# Would you preserve your pets? (American Stuffers)



## Sideout (Sep 3, 2012)

So there was a marathon on tv of a show called "American Stuffers". Has anyone seen it? Its about a taxidermist who preserves peoples' pets who have passed on. He places them into positions requested by the owners and freeze dries the entire pet! He then touches them up with airbrusing to make them look alive again. It seemed weird at first but the show turned out to be really interesting so I ended up watching the entire season haha.

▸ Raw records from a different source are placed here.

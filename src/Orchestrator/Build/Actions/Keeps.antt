-- ===== src/Orchestrator/Build/Actions/Keeps.antt =====
-- What the actions of nested graphs, in tierkreis/src/orchestrator.rs, do to the scheduled locations
-- of the graphs around them.
use tierkreis.Base.{
  ℕ, suc, ◌≤◌, ◌≡◌, String, Bool, true, false, Option, List, [], ◌∷◌, ◌++◌, Outcome, ok, err, panic,
  arith, if◌then◌else◌, length, length-append, contains, nat_eq,
}
use tierkreis.Bits.{BitVec}
use tierkreis.Location.{
  Component, node, loop_index, map_index, Location, with_node, with_map_index, component_eq,
  location_eq,
}
use tierkreis.State.{Nodes}
use tierkreis.Graph.{
  PortGraph, NodeDefinition, input, output, const, if_else, eager_if_else, task, eval, loop,
  map_over, WorkflowGraph,
}
use tierkreis.Asset.{Assets}
use tierkreis.Orchestrator.Build.{
  Context, with_location, with_execution_context, Shared, Services, load_subgraph,
  build_const_action, build_input_action,
}
use tierkreis.Orchestrator.Build.Nested.{
  build_eval_actions, next_iteration, build_iteration, build_loop_actions, build_map_elem,
  build_map_elems, build_subsequent_map_actions, build_initial_map_actions,
  build_completed_map_action, build_map_actions, unfold_ports, fold_bundles,
}
use tierkreis.Orchestrator.Build.Actions.{build_by_definition, Build}

-- the location is still scheduled, if it was
abbrev pub keeps :
    {P : PortGraph} {A J W : Type 0} → Location → Shared P J W → Outcome (A × Shared P J W) → Bool
keeps loc before (ok (a, after)) =
    if contains before.scheduled_this_lifetime loc
    then contains after.scheduled_this_lifetime loc
    else true
keeps loc before (err e) = true
keeps loc before panic = true

module _ {P : PortGraph} {J W : Type 0} (env : Services P J W) where
  load_subgraph_keeps :
      (loc : Location) (context : Context J) (g : WorkflowGraph P J) (nodes : Nodes) (n : ℕ)
      (allow : Bool) (shared : Shared P J W)
      → keeps loc shared (load_subgraph env context g nodes n allow shared) ≡ true
  unfolding load_subgraph
  load_subgraph_keeps loc context g nodes n allow shared = ground arith

  unfold_ports_keeps :
      (loc : Location) (inputs : Assets) (ports : List String) (sets : List Assets)
      (shared : Shared P J W)
      → keeps loc shared (unfold_ports env inputs ports sets shared) ≡ true
  unfolding unfold_ports
  unfold_ports_keeps loc inputs [] sets shared = ground arith
  unfold_ports_keeps loc inputs (p ∷ ports) sets shared =
      grind (arith, unfold_ports_keeps loc inputs ports)

  fold_bundles_keeps :
      (loc : Location) (bundles : _) (shared : Shared P J W)
      → keeps loc shared (fold_bundles env bundles shared) ≡ true
  unfolding fold_bundles
  fold_bundles_keeps loc [] shared = ground arith
  fold_bundles_keeps loc (b ∷ bundles) shared = grind (arith, fold_bundles_keeps loc bundles)

  module _ (build : Build env) (loc : Location)
      (build_keeps : (context : Context J) (g : WorkflowGraph P J) (shared : Shared P J W)
        → length loc ≤ length context.parent_loc
        → keeps loc shared (build context g shared) ≡ true) where
    part_keeps :
        (context : Context J)
        → length loc ≤ suc (length context.parent_loc)
        → (n : ℕ) (rest : List Component) → (g : WorkflowGraph P J) (shared : Shared P J W)
        → keeps loc shared
            (build (with_location context (with_node context.parent_loc n ++ rest)) g shared)
          ≡ true
    part_keeps context h n rest g shared =
        build_keeps (with_location context (with_node context.parent_loc n ++ rest)) g shared (
          omega (
            arith,
            h,
            length-append context.parent_loc (node n ∷ []),
            length-append (with_node context.parent_loc n) rest,
          ))

    node_keeps :
        (context : Context J)
        → length loc ≤ suc (length context.parent_loc)
        → (n : ℕ) → (g : WorkflowGraph P J) (shared : Shared P J W)
        → keeps loc shared (build (with_location context (with_node context.parent_loc n)) g shared)
          ≡ true
    node_keeps context h n g shared =
        build_keeps (with_location context (with_node context.parent_loc n)) g shared
          (omega (arith, h, length-append context.parent_loc (node n ∷ [])))

    module _ (nodes : Nodes) where
      eval_keeps :
          (context : Context J)
          → length loc ≤ suc (length context.parent_loc)
          → (g : WorkflowGraph P J) (n : ℕ) (shared : Shared P J W)
          → keeps loc shared (build_eval_actions env build context g nodes n shared) ≡ true
      unfolding build_eval_actions
      eval_keeps context h g n shared =
          grind
            (arith, load_subgraph_keeps loc context g nodes n true shared, node_keeps context h n)

      iteration_keeps :
          (context : Context J)
          → length loc ≤ suc (length context.parent_loc)
          → (g : WorkflowGraph P J) (n : ℕ) (name : Option String) (index : ℕ)
            (shared : Shared P J W)
          → keeps loc shared (build_iteration env build context g nodes n name index shared) ≡ true
      unfolding build_iteration next_iteration
      iteration_keeps context h g n name index shared = grind (
        arith,
        load_subgraph_keeps loc context g nodes n false shared,
        part_keeps context h n (loop_index index ∷ []),
      )

      loop_keeps :
          (context : Context J)
          → length loc ≤ suc (length context.parent_loc)
          → (g : WorkflowGraph P J) (n : ℕ) (name : Option String) (shared : Shared P J W)
          → keeps loc shared (build_loop_actions env build context g nodes n name shared) ≡ true
      unfolding build_loop_actions
      loop_keeps context h g n name shared = grind (arith, iteration_keeps context h g n name)

    elem_keeps :
        (context : Context J)
        → length loc ≤ suc (length context.parent_loc)
        → (n map_size : ℕ) (g : WorkflowGraph P J) (index : ℕ) (completed : Bool)
          (shared : Shared P J W)
        → keeps loc shared (build_map_elem env build context n map_size g index completed shared)
          ≡ true
    unfolding build_map_elem with_map_index
    elem_keeps context h n map_size g index true shared = ground arith
    elem_keeps context h n map_size g index false shared =
        ground (arith, part_keeps context h n (map_index index ∷ []) g shared)

    elems_keep :
        (context : Context J)
        → length loc ≤ suc (length context.parent_loc)
        → (n map_size : ℕ) (g : WorkflowGraph P J) (index : ℕ) (completed : BitVec)
          (shared : Shared P J W)
        → keeps loc shared (build_map_elems env build context n map_size g index completed shared)
          ≡ true
    unfolding build_map_elems
    elems_keep context h n map_size g index [] shared = ground arith
    elems_keep context h n map_size g index (c ∷ completed) shared = grind (
      arith,
      elem_keeps context h n map_size g index c shared,
      elems_keep context h n map_size g (suc index) completed,
    )

    map_keeps :
        (nodes : Nodes) (context : Context J)
        → length loc ≤ suc (length context.parent_loc)
        → (g : WorkflowGraph P J) (ports : List String) (n : ℕ) (shared : Shared P J W)
        → keeps loc shared (build_map_actions env build context g nodes ports n shared) ≡ true
    unfolding build_map_actions build_initial_map_actions build_completed_map_action
        build_subsequent_map_actions
    map_keeps nodes context h g ports n shared = grind (
      arith,
      load_subgraph_keeps loc context g nodes n false shared,
      elems_keep context h n,
      unfold_ports_keeps loc,
      fold_bundles_keeps loc,
    )

    pub definition_keeps :
        (nodes : Nodes) (context : Context J)
        → length loc ≤ suc (length context.parent_loc)
        → (g : WorkflowGraph P J) (n : ℕ) (definition : NodeDefinition J) (shared : Shared P J W)
        → keeps loc shared (build_by_definition env build context g nodes n definition shared)
          ≡ true
    unfolding build_by_definition build_input_action build_const_action with_execution_context
    definition_keeps nodes context h g n (input name) shared = ground arith
    definition_keeps nodes context h g n (const value) shared = ground arith
    definition_keeps nodes context h g n output shared = ground arith
    definition_keeps nodes context h g n (task worker name requested executor) shared = ground arith
    definition_keeps nodes context h g n if_else shared = ground arith
    definition_keeps nodes context h g n eager_if_else shared = ground arith
    definition_keeps nodes context h g n (eval requested executor) shared =
        eval_keeps nodes (with_execution_context context requested executor) h g n shared
    definition_keeps nodes context h g n (loop requested executor) shared =
        loop_keeps nodes (with_execution_context context requested executor) h g n _ shared
    definition_keeps nodes context h g n (map_over ports requested executor) shared =
        map_keeps nodes (with_execution_context context requested executor) h g ports n shared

Check it out, but WARNING! Not for the faint of heart: 




So this show got me wondering, how many of you would want to preserve your pets? Supposedly an average sized dog costs $700 and it would vary depending on size. It freaks me out so I would never do it hahaha but I completely appreciate and respect people who would choose to. This guy seems to really love animals and understands how much people care about their pets.


----------



## guccigrande (Apr 17, 2011)

I think that would creep me out a bit I wouldn't be a fan


----------



## pigeonsheep (Nov 8, 2008)

No thanks! Lol....that is some weird shishkabobs. I saw the documentary on Netflix of a trophy lady of a used,to be,billionaire and she had 2 dogs that died and they made one flat like a rug to be put on top of a piano and one stuffed upright in a airtight case....-.-


----------



## Moonfall (Nov 16, 2012)

Yes I would and in fact have two of my most treasured pets, european starlings, preserved. I did this myself using dry heat to essentially mummify their bodies because I simply couldn't handle the idea of letting them rot and be "ruined". 

It's comforting to be able to still see them. They are empty but they are familiar and in death the sheen of their beautiful feathering does not change at all, it is still as stunning as in life.


----------



## CHITheresa (Apr 30, 2011)

My husband was joking for me to do it with my Pomeranian sissy who passed 2 years ago. But no way. I do have a buck deer head in my bedroom. 

Little hard to see by here my buck, my momma got on my birthday.


----------



## nabi (Nov 25, 2004)

I didn't look at the video but know the answer already...No !


----------



## elaina (Jul 1, 2008)

i did once start watching that show and i had to change the channel, it was too creepy. No for me... i wouldnt want to do that


----------



## guccigrande (Apr 17, 2011)

I may however consider using some of their hair or ashes to make a diamond heart necklace (many places offer the service nowadays) as a keepsake to always keep with me.


----------



## Ay Chi-mama (Nov 28, 2012)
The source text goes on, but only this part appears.